This is the followup to my talk LLVM Optimized Python at the Harvard-Smithsonian Center for Astrophysics, we’ll do the deep dive that I didn’t have time for. We’re going to build a single module Numba-like compiler for Python. It won’t be nearly as featureful or complete, but should demonstrate how you can go about building your own little LLVM specializer for a subset of Python or your own custom DSL expression compiler; and integrating it with the standard NumPy/SciPy stack for whatever scientific computing domain you work. The full source for this project is available on Github and comes in at 1000 lines for the whole specializer, very tiny!

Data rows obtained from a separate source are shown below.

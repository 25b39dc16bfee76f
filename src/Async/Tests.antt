-- ===== src/Async/Tests.antt =====
-- The loops at concrete answers.
use libcoda_net.Base.{ap, none, [], ◌∷◌, true, false, some, ascii, ◌≡◌, refl, ◌≤◌, length, arith}
use libcoda_net.Socket.{is_valid}
use libcoda_net.Buffered.{
  Buffered, block, failed, connected, notify, call_all, write_from_buffer, read_to_buffer,
  read_from,
}
use libcoda_net.Buffered.Receive.{told_read}
use libcoda_net.Server.Accept.{on_accept}
use libcoda_net.Socket.{Attempt, refused, connect_loop, returned}
use libcoda_net.Buffered.Connection.{connect}
use libcoda_net.Buffered.Objects.{empty, construct, construct_silent}
use libcoda_net.Async.Objects.{connect_client, after_connect, on_connect, terminated, connect_again}
use libcoda_net.Async.Threads.{
  System, init, running, joining, Interleaving, stay, step, round_of, here, tests, accepts,
  after_round,
}
use libcoda_net.Async.Serial.{running_count, one_at_a_time}
use libcoda_net.Async.Stuck.{never_accepts}
use libcoda_net.Async.{run, accept_all, round, after_write, after_read}
use libcoda_net.Async.Delivery.{IsIdle, ends, run_delivers}

abbrev client : Buffered
client = record {
  socket = record { sock = some 4; non_blocking = false; secure = false };
  in_buffer = [];
  out_buffer = [];
  listeners = some 1 ∷ [];
  fds = 4 ∷ [];
  incoming = block (ascii "ab") ∷ block (ascii "c") ∷ failed ∷ [];
  outgoing = [];
  wire = [];
  calls = [];
}

client-IsIdle : IsIdle client
client-IsIdle = record {
  no_null = (refl, tt);
  connected = refl;
  blocking = refl;
  nothing_to_send = refl;
}

run_delivers_example :
    (b' : Buffered) × (run (λ s. s) 3 client ≡ some (true, b'))
    × (is_valid b'.socket ≡ false)
    × (b'.in_buffer ≡ ascii "abc")
    × (b'.incoming ≡ [])
run_delivers_example =
    run_delivers (λ s. s) (ascii "ab" ∷ ascii "c" ∷ []) [] client client-IsIdle refl

abbrev left_alone : Buffered
left_alone = record client { in_buffer = ascii "x"; incoming = ends 5 }

left_alone-IsIdle : IsIdle left_alone
left_alone-IsIdle = record {
  no_null = (refl, tt);
  connected = refl;
  blocking = refl;
  nothing_to_send = refl;
}

accept_all_run : accept_all (λ fd. fd) true (none ∷ some 5 ∷ none ∷ some 6 ∷ []) ≡ 5 ∷ 6 ∷ []
unfolding accept_all
accept_all_run = refl

-- The client that is left alone, accepted by a factory that keeps nothing.
abbrev born : Buffered
born = record left_alone { calls = (none, connected) ∷ (some 1, connected) ∷ [] }

abbrev served : System
served = record { valid = true; loop = joining; threads = running born ∷ [] }

abbrev served_once : System
served_once = record served {
  threads = running (record (told_read (λ s. s) born) { incoming = ends 4 }) ∷ [];
}

init-served : Interleaving (λ s. s) (λ fd. left_alone) false init 0 served
unfolding on_accept notify call_all
init-served = step (step stay (tests refl refl)) (accepts 4 born refl refl)

served-once : Interleaving (λ s. s) (λ fd. left_alone) false served 1 served_once
unfolding round after_write after_read write_from_buffer read_to_buffer read_from notify call_all
    after_round
served-once = round_of stay (here {goes_on = true} refl)

one_at_a_time_example :
    (running_count served.threads ≤ 1) × (1 ≤ running_count served.threads → served.loop ≡ joining)
one_at_a_time_example = one_at_a_time (λ s. s) (λ fd. left_alone) 0 served init-served

born-IsIdle : IsIdle born
born-IsIdle = record {
  no_null = (refl, tt);
  connected = refl;
  blocking = refl;
  nothing_to_send = refl;
}

never_accepts_example :
    (served_once.loop ≡ joining) × (length served_once.threads ≡ length served.threads)
never_accepts_example =
    never_accepts (λ s. s) (λ fd. left_alone) 5 1 served served_once born [] [] refl refl
      born-IsIdle refl (omega arith) served-once

abbrev unconnected : Buffered
unconnected = empty (3 ∷ []) [] []

-- What connecting it leaves, where the second address answers.
abbrev first_peer :
    (made joined : Buffered) × ((construct
        (some (refused 6 ∷ Attempt.connected 7 ∷ []))
        true
        unconnected).0
      ≡ some made)
    × (connect (some (refused 6 ∷ Attempt.connected 7 ∷ [])) true unconnected
        ≡ some (returned true, joined))
    × (made.socket ≡ joined.socket)
    × (made.socket.sock ≡ some 7)
    × (made.calls ≡ [])
    × (joined.calls ≡ (none, connected) ∷ [])
unfolding connect_loop
first_peer = construct_silent (refused 6 ∷ Attempt.connected 7 ∷ []) 7 (3 ∷ []) [] [] refl

connect_again_example :
    connect_client
      (some (refused 6 ∷ Attempt.connected 7 ∷ []))
      true
      (record { socket = unconnected; has_thread = true })
    ≡ terminated
unfolding connect_client after_connect on_connect
connect_again_example =
    connect_again (some (refused 6 ∷ Attempt.connected 7 ∷ []))
      (some (refused 6 ∷ Attempt.connected 7 ∷ [])) true true
      (record { socket = unconnected; has_thread = false })
      (record { socket = first_peer.1; has_thread = true }) unconnected first_peer.1
      (ap (after_connect false) first_peer.3) first_peer.3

There’s a whole slew of interesting domains where this kind of on-the-fly specializing compiler can be used:
- Computation kernels for MapReduce
- Financial backtesting
- Dense linear algebra
- Image processing
- Data pipeline hotspots
- Speeding up SQL queries in PostgreSQL
- Molecular dynamics
- Compiling UDFs for Cloudera Impala
Python is great for rapid development and high-level thinking, but is slow due to too many level of indirection, hashmap lookups, broken parallelism,slow garbage collector, and boxed PyObject types. With LLVM we can keep writing high-level code and not sacrafice performance.
You will need python
, llvm
, llvmpy
, numpy
and a bit of time. The best way to get all of these is to install Anaconda maintained by my good friend Ilan. Don’t add any more entropy to the universe by compiling NumPy from source, just use Anaconda.